7.3 Further, as submitted above, it is reiterated that providing corporate guarantee is not a continuous supply of service. Therefore, the “value of supply” on which GST under reverse charge mechanism is leviable should be 1% of the guaranteed amount as given in the Deed of Guarantee and should be levied at the time of issuance of such corporate guarantee.

7.4 However, if GST under reverse charge mechanism has to be paid on a periodic basis, then it is submitted that value of loan for which guarantee is given needs to be divided equally amongst the relevant years of guarantee and GST under reverse charge mechanism is to be paid considering 1% of such divided value each year in terms of Rule 28(2) of CGST Rules.

7.5 In this regard, it is reiterated that the “value of supply” in terms of Rule 28(2) of the CGST Rules cannot be greater than 1% of the amount of guarantee involved as per the Deed of Guarantee.

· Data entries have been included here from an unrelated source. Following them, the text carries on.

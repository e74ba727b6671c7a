-- ===== src/Uart.antt =====
-- src/uart.c: the serial port. A read of the receive register takes a byte out of the queue, so a
-- read returns the new device as well.
pub mod Valid
use riscv_simulator.Prelude.{
  ℕ, Bool, ◌+◌, ◌-◌, ◌%◌, ◌^◌, bit_and, bit_or, ltb, ◌==◌, ◌!=◌, ◌&&◌, ◌||◌,
}
use riscv_simulator.Prelude.{if◌then◌else◌, sub64, u8, u16, shl32, not32, sext8, ◌>>>◌}
use riscv_simulator.State.{Uart}

abbrev pub uart_base_addr : ℕ
uart_base_addr = 0x10000000

abbrev pub uart_fifo_size : ℕ
uart_fifo_size = 16

abbrev pub thr_reg : ℕ
thr_reg = 0

abbrev pub dll_reg : ℕ
dll_reg = 0

abbrev pub dlm_reg : ℕ
dlm_reg = 1

abbrev pub lsr_rx_ready : ℕ
lsr_rx_ready = 2 ^ 0

abbrev pub lsr_thre : ℕ
lsr_thre = 0x60

-- The receive queue is not among what is reset.
unfoldable pub uart_init : Uart → Uart
uart_init uart = record uart {
  thr = 0;
  rbr = 0;
  ier = 0;
  iir = 0x01;
  fcr = 0;
  lcr = 0;
  mcr = 0;
  lsr = 0x60;
  msr = 0;
  scr = 0;
  dll = 0;
  dlm = 0;
}

-- `_uart_write`; `port` and `value` are already cut to their types.
unfoldable pub uart_write_port : Uart → ℕ → ℕ → Uart
uart_write_port uart port value =
    if port == 0
    then record uart { thr = value }
    else if port == 1
    then record uart { ier = value }
    else if port == 2
    then record uart { fcr = value }
    else if port == 3
    then record uart { lcr = value }
    else if port == 4
    then record uart { mcr = value }
    else if port == 5
    then record uart { lsr = value }
    else if port == 6
    then record uart { msr = value }
    else if port == 7
    then record uart { scr = value }
    else if port == 8
    then record uart { dll = bit_or (bit_and uart.dll 0xFF00) value }
    else if port == 9
    then record uart { dll = u16 (bit_or (bit_and uart.dll 0x00FF) (shl32 value 8)) }
    else uart

-- `uart->LCR & 0x80 && (offset == DLL_REG || offset == DLM_REG)`: the divisor latch is addressed.
unfoldable pub divisor_latch : Uart → ℕ → Bool
divisor_latch uart offset = bit_and uart.lcr 0x80 != 0 && (offset == dll_reg || offset == dlm_reg)

unfoldable pub uart_write : Uart → ℕ → ℕ → ℕ → Uart
uart_write uart address value size =
    let offset = sub64 address uart_base_addr in
    if ltb offset 8
    then (if divisor_latch uart offset
        then uart_write_port uart (u16 (0x8 + offset)) (u8 value)
        else if offset == thr_reg
        then uart_write_port (record uart { lsr = u8 (bit_and uart.lsr (not32 lsr_thre)) })
            (u16 offset) (u8 value)
        else uart_write_port uart (u16 offset) (u8 value))
    else uart

-- Port 0 of `_uart_read`: the oldest byte leaves the queue, 0 if there is none.
unfoldable pub uart_pop : Uart → ℕ × Uart
uart_pop uart =
    if ltb 0 uart.fifo_count
    then (
      uart.fifo uart.fifo_head,
      record uart {
        fifo_head = u8 ((uart.fifo_head + 1) % uart_fifo_size);
        fifo_count = uart.fifo_count - 1;
        lsr =
            if uart.fifo_count - 1 == 0
            then u8 (bit_and uart.lsr (not32 lsr_rx_ready))
            else uart.lsr;
      },
    )
    else (0, uart)

-- `_uart_read`
unfoldable pub uart_read_port : Uart → ℕ → ℕ × Uart
uart_read_port uart port = if port == 0 then uart_pop uart else (
  if port == 1
      then uart.ier
      else if port == 2
      then uart.iir
      else if port == 3
      then uart.lcr
      else if port == 4
      then uart.mcr
      else if port == 5
      then uart.lsr
      else if port == 6
      then uart.msr
      else if port == 7
      then uart.scr
      else if port == 8
      then bit_and uart.dll 0xFF
      else if port == 9
      then bit_and (uart.dll >>> 8) 0xFF
      else 0,
  uart,
)

-- The byte goes through a `char`, which is signed on the machines that the program is written for
-- (simulator.c reads the x86 time stamp counter), and is widened to 64 bits with its sign.
unfoldable pub uart_read : Uart → ℕ → ℕ → ℕ × Uart
uart_read uart addr size =
    let offset = sub64 addr uart_base_addr in
    if ltb offset 8
    then (let port = if divisor_latch uart offset then 0x8 + offset else offset in
        let (value, uart') = uart_read_port uart (u16 port) in (sext8 value, uart'))
    else (0, uart)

Therefore, paying GST under reverse charge mechanism on a periodical basis wherein the “value of supply” is more than 1% of the amount of guarantee would be highly exorbitant and against the principles of judicial discipline as well as being against the intent of Rule 28(2) of the CGST Rules

7.6 Hence, it is humbly submitted that even if GST under reverse charge mechanism is to be paid on periodical basis, GST under reverse charge mechanism should not be payable on 1% of total value of loan in first year, and on 1% of remaining outstanding value of loan at beginning of each subsequent yearin terms of Rule 28(2) of the CGST Rules since the same would cumulatively result in the value of supply being more than 1% of the guaranteed amount and hence, the same would be contrary to Rule 28(2) of the CGST Rules; rather, GST under reverse charge mechanism should be payable on the value of loan for which guarantee is given, which should be divided equally amongst the relevant years of guarantee and GST under reverse charge mechanism should be paid considering 1% of such divided value each year in terms of Rule 28(2) of CGST Rules.

Conclusion:

In view of the above submission, in the present case:

8.1 Corporate guarantee provided by the foreign group company in respect of loan taken by the Applicant, from a bank/financial institution is a one-time guarantee and hence, the same is not a continuous supply in terms of Section 2(33) of the CGST Act. In view of the same, GST under reverse charge mechanism would be payable only once, when the foreign group corn many enters into the contract for providing corporate guarantee with the banks/financial institution since there is no renewal of the said guarantee in terms of Rule 28(2) of the CGST Rules.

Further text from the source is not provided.